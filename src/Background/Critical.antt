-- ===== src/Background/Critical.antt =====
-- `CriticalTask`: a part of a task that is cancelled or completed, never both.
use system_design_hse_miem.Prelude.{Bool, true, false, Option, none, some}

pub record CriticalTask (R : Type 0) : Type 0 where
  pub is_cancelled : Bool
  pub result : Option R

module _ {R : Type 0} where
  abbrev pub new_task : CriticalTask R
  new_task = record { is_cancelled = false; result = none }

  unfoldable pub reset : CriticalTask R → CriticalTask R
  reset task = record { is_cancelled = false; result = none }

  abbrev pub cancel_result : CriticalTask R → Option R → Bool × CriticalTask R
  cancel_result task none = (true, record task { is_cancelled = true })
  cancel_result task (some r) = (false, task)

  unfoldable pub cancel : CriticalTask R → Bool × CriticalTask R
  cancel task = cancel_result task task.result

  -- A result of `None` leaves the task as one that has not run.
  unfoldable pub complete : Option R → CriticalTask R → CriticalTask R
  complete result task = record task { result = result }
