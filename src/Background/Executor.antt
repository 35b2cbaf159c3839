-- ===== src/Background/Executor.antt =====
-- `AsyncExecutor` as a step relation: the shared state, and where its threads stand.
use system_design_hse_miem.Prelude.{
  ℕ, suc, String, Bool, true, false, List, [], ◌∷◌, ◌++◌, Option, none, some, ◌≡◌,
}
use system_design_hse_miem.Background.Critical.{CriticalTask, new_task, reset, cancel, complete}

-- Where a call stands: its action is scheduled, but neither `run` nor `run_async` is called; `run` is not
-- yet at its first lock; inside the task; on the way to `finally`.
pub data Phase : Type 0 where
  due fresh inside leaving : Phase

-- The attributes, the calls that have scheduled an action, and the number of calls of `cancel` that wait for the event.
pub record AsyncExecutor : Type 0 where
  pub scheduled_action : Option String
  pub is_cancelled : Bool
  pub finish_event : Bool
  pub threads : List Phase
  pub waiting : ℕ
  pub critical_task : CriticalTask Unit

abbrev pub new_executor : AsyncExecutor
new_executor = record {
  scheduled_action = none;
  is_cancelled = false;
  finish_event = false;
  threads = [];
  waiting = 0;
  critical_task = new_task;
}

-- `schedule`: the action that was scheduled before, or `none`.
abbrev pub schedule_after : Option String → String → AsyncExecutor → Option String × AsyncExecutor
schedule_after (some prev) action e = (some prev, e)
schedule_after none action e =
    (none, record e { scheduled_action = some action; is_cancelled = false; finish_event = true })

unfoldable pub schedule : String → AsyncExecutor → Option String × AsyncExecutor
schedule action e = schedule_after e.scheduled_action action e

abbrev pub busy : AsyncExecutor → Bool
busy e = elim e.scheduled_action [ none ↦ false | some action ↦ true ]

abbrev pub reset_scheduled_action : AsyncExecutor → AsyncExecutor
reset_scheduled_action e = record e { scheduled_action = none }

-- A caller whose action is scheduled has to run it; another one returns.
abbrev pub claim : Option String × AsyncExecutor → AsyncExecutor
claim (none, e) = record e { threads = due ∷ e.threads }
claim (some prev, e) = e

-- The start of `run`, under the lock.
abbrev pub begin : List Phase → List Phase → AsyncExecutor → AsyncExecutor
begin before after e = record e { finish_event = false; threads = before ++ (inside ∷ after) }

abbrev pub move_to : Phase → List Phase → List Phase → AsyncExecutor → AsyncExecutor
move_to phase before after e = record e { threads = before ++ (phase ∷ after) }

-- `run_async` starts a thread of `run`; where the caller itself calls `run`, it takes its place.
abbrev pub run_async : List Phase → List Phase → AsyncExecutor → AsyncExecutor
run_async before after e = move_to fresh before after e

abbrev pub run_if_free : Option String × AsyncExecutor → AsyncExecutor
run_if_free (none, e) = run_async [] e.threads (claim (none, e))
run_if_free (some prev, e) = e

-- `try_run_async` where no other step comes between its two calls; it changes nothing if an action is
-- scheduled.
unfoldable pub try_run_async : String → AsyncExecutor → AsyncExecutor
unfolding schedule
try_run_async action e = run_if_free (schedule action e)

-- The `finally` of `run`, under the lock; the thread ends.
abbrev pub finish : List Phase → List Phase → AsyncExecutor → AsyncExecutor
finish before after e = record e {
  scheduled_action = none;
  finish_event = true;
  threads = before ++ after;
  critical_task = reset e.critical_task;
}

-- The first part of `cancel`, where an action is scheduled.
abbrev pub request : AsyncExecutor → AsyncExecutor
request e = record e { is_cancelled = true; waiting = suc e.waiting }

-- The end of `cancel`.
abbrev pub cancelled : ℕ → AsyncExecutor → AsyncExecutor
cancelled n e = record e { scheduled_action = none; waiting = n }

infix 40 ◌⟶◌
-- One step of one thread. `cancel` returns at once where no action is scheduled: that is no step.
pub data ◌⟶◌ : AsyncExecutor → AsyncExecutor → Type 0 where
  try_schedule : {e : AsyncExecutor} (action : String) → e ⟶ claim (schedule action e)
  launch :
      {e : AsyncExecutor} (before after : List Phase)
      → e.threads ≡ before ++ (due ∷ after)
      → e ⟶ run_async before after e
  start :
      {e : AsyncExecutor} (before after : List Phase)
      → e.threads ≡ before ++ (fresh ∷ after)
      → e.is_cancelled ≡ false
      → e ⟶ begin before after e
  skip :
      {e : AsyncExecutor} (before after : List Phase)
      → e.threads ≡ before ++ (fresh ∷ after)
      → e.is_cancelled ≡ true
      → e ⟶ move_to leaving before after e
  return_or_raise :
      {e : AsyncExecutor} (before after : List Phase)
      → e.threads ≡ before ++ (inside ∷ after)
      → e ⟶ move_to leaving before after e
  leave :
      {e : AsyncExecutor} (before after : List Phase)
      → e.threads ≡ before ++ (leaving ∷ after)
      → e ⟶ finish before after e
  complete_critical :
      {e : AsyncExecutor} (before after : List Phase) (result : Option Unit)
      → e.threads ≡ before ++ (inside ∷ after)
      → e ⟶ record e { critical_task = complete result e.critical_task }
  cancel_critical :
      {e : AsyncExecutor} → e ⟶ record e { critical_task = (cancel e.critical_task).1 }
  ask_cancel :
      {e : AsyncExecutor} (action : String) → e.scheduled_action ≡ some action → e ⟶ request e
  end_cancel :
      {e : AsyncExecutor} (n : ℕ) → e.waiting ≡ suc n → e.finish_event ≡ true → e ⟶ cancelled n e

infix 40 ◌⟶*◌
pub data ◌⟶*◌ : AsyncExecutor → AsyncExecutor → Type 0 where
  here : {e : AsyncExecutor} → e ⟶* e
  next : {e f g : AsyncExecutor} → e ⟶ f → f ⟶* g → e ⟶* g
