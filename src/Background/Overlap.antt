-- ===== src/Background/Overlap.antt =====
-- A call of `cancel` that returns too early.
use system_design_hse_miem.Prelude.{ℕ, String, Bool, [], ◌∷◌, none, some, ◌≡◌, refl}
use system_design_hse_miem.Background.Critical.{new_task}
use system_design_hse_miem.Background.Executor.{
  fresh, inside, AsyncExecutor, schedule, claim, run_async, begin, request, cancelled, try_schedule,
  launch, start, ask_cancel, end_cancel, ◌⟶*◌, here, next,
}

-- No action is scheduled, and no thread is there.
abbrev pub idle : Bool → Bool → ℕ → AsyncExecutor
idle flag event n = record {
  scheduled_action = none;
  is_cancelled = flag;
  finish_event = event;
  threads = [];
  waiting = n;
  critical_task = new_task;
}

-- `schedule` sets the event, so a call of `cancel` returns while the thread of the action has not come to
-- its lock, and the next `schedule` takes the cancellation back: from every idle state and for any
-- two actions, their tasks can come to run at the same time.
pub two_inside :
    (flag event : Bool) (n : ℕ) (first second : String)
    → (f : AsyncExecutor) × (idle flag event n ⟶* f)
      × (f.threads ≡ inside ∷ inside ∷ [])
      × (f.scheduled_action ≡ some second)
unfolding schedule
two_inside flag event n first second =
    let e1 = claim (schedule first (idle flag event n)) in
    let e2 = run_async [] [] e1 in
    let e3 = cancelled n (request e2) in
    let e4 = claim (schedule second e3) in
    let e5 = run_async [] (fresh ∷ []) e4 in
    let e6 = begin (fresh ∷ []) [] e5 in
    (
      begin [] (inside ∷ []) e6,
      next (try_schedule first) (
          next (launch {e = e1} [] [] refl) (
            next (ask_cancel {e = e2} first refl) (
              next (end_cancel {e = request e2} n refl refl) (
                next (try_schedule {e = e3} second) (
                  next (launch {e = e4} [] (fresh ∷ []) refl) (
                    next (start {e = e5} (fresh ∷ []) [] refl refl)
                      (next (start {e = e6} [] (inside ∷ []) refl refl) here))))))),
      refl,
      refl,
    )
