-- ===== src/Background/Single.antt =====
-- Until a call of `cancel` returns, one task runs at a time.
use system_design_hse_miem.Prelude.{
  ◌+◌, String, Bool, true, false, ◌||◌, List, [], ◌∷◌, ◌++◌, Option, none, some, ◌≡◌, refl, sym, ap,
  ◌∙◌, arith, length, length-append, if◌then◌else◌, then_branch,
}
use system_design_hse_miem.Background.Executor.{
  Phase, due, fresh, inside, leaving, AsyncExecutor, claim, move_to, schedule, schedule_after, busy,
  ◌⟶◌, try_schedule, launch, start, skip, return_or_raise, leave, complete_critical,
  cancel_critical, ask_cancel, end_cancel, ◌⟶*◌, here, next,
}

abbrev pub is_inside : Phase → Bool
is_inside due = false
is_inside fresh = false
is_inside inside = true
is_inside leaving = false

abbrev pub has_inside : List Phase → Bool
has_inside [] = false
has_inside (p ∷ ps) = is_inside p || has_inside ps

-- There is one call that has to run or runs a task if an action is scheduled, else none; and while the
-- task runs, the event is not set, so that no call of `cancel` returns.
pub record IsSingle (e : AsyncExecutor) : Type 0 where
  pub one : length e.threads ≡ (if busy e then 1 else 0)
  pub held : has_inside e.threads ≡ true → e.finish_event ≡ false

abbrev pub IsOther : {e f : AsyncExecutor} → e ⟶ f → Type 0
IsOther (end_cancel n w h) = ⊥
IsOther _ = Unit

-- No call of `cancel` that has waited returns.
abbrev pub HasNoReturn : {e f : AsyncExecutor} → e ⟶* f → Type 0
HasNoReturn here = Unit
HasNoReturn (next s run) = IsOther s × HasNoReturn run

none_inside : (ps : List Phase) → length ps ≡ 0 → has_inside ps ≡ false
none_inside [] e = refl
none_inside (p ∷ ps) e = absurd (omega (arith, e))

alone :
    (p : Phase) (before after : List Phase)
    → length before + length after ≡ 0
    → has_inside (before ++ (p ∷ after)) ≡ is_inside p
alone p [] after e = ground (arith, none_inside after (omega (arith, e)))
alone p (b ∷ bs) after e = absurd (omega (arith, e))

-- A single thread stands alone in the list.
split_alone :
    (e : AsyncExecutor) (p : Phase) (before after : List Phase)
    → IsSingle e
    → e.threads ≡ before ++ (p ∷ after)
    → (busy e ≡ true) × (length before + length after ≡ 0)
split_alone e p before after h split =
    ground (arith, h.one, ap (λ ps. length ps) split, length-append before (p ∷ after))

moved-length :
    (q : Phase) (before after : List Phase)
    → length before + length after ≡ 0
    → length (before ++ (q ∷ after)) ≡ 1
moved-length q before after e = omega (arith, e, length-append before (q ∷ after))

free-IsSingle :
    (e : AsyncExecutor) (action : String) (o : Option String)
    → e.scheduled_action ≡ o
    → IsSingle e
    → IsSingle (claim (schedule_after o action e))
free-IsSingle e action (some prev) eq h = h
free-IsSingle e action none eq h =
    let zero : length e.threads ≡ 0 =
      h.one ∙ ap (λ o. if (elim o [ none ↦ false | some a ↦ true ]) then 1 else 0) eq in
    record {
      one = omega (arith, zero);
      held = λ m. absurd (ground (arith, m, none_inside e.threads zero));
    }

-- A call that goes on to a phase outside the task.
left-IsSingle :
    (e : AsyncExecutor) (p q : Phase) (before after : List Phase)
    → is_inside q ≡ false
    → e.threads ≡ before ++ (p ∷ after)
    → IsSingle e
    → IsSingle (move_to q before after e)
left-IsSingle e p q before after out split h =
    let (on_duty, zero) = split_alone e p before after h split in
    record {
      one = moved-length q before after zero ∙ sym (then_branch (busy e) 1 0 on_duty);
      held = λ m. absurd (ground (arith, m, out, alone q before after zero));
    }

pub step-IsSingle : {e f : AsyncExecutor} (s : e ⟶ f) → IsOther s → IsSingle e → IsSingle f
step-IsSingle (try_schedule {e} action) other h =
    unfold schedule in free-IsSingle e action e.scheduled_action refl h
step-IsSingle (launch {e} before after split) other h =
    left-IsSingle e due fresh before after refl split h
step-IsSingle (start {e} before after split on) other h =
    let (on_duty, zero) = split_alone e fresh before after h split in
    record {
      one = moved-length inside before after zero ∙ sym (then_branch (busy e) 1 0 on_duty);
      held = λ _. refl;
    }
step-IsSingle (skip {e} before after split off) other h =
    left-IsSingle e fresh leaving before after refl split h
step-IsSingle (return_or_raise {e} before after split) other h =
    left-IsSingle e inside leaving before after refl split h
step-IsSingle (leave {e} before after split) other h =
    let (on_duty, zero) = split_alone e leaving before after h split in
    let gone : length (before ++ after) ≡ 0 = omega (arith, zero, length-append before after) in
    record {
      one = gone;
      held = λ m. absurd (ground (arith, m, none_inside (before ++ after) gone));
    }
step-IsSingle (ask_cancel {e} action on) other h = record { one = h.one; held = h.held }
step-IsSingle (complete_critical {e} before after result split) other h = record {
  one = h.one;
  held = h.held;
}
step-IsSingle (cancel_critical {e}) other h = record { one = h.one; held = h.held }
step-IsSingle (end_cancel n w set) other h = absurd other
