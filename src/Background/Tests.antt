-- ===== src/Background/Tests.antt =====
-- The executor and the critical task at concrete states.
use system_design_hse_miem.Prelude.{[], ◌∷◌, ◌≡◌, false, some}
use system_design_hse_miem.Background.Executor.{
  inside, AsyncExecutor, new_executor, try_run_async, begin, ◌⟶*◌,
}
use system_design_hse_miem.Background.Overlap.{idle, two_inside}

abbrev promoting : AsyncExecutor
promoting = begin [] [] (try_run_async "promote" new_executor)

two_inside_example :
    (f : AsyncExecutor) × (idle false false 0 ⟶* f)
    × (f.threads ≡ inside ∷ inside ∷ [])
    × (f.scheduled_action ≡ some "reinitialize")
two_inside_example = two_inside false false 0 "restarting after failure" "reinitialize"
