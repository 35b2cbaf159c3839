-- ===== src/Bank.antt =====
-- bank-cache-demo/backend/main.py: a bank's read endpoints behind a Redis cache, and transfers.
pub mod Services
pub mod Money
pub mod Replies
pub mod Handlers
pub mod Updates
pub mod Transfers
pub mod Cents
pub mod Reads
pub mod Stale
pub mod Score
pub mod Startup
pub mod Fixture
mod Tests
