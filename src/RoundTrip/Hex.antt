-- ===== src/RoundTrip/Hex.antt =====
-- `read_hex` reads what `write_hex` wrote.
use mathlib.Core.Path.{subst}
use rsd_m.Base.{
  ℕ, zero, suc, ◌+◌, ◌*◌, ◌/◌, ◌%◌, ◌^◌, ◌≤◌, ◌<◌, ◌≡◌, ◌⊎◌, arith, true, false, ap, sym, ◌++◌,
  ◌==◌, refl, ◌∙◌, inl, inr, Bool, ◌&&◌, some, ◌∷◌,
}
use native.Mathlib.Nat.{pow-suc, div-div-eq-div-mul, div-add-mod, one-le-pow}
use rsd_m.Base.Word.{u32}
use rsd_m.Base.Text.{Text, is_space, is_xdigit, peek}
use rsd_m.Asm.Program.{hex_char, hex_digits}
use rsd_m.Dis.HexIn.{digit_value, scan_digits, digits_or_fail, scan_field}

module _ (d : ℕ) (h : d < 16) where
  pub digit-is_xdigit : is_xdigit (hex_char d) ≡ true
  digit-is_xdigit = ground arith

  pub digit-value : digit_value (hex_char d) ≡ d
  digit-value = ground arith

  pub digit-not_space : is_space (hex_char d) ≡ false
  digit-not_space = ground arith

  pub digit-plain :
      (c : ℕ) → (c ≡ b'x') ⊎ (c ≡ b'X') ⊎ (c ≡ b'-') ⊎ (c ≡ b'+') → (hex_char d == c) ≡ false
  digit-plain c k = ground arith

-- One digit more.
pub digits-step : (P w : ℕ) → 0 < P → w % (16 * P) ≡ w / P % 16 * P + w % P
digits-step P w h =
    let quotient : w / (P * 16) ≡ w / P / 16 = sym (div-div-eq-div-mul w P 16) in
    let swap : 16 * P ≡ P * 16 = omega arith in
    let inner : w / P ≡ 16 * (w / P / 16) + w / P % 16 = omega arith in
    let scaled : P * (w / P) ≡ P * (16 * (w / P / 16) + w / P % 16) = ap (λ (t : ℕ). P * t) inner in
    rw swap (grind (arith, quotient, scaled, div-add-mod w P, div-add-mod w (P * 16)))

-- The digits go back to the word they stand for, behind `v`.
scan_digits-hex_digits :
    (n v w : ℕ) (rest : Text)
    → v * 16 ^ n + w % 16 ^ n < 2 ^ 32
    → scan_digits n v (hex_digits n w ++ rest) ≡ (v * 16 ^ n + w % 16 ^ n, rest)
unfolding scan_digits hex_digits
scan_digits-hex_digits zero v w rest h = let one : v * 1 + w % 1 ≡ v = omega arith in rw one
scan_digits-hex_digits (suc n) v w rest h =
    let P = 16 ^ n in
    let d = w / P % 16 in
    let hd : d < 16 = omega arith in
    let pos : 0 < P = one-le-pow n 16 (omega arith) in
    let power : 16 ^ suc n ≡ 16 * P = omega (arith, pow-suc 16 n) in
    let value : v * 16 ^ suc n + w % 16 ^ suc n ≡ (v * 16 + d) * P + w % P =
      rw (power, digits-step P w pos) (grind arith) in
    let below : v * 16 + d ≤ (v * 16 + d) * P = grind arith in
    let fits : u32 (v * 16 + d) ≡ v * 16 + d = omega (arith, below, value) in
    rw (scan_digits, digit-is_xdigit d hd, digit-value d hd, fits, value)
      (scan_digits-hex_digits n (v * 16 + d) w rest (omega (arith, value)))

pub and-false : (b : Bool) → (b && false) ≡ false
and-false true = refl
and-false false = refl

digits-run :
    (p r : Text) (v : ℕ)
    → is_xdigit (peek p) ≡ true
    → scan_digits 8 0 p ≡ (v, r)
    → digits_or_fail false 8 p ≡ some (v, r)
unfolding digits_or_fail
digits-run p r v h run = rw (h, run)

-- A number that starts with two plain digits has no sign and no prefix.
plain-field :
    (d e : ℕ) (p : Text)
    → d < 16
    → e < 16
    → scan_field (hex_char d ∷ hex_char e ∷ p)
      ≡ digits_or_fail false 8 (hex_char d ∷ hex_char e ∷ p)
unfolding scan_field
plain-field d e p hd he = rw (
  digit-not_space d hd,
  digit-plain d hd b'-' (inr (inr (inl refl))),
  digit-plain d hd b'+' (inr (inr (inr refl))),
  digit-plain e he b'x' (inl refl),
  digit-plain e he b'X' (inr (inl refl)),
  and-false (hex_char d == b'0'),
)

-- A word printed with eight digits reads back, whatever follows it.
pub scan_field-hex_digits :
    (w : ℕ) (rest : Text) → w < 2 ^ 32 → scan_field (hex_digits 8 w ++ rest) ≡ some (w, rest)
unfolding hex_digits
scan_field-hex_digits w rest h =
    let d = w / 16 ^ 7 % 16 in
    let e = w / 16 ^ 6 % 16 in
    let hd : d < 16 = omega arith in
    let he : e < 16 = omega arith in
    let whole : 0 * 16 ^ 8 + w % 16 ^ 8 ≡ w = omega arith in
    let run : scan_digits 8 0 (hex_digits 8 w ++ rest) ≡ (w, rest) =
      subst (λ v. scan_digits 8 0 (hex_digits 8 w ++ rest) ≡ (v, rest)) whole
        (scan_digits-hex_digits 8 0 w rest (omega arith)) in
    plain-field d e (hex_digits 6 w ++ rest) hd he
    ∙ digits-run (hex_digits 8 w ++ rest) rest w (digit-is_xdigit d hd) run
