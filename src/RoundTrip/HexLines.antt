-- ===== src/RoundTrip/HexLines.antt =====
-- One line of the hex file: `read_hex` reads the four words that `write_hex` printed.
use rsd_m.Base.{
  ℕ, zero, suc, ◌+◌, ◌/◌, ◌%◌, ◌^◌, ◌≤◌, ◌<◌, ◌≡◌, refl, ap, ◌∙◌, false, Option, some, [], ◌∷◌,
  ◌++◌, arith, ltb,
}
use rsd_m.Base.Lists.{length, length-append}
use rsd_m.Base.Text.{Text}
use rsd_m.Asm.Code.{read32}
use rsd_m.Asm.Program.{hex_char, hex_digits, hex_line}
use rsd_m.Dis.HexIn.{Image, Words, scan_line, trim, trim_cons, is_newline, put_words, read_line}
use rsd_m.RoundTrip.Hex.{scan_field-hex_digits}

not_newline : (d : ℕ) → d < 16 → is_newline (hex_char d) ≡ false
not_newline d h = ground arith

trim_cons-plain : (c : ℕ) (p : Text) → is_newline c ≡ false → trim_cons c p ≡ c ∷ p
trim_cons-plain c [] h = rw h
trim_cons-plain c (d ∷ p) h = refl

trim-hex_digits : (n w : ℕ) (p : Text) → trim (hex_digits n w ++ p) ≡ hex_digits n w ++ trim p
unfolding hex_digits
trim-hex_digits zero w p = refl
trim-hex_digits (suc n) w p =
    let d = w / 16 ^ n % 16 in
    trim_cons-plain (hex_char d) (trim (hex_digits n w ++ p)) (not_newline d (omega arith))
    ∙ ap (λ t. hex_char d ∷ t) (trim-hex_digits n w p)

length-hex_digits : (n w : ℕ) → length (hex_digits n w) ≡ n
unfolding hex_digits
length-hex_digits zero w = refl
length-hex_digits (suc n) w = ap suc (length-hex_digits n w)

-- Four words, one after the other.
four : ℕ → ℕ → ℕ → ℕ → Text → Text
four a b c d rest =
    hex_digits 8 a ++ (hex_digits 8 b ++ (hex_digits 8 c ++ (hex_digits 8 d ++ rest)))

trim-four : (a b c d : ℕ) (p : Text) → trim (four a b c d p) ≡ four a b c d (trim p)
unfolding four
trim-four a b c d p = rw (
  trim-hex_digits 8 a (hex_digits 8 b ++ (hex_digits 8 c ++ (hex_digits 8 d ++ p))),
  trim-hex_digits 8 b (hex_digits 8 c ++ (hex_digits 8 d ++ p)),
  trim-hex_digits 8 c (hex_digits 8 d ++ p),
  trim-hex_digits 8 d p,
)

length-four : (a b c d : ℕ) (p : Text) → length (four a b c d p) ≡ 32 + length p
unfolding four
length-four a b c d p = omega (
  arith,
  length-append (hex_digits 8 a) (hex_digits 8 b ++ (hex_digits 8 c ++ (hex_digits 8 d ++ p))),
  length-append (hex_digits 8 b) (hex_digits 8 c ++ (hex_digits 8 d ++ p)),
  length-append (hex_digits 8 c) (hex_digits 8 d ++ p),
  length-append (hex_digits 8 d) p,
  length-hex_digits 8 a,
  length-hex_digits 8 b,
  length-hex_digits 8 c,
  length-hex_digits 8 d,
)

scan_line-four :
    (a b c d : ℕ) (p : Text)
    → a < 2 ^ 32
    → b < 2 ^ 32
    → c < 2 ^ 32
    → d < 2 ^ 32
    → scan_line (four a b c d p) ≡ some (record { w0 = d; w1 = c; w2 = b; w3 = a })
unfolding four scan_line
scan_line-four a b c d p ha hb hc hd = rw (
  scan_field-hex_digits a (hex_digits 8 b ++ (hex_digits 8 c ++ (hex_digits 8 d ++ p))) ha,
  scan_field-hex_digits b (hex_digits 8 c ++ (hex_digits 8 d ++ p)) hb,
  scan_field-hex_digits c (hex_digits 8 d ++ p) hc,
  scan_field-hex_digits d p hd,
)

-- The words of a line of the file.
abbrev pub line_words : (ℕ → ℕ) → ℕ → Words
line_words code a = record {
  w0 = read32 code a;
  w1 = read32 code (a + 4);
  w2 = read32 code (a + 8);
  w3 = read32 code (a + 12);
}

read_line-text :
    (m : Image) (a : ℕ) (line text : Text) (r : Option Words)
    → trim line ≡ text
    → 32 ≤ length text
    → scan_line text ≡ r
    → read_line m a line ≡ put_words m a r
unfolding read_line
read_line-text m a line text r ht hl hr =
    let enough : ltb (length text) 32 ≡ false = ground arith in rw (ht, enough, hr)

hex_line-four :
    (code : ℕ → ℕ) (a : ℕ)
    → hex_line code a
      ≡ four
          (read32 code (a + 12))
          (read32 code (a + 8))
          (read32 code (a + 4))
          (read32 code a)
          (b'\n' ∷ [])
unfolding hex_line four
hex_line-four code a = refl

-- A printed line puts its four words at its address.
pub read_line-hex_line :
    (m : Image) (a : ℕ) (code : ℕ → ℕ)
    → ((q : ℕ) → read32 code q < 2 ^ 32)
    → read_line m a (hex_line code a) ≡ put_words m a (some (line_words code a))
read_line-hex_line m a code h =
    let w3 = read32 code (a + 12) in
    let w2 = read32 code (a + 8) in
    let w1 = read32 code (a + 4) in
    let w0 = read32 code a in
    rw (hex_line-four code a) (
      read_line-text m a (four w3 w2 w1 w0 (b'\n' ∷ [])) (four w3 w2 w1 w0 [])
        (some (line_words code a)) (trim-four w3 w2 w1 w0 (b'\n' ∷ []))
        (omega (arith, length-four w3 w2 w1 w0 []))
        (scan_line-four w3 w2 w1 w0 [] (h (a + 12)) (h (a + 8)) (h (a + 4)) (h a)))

######

Task goal
Which lines of the data contain "module"? Copy them all.

Answer
module _ {R : Type 0} where
module _ (d : ℕ) (h : d < 16) where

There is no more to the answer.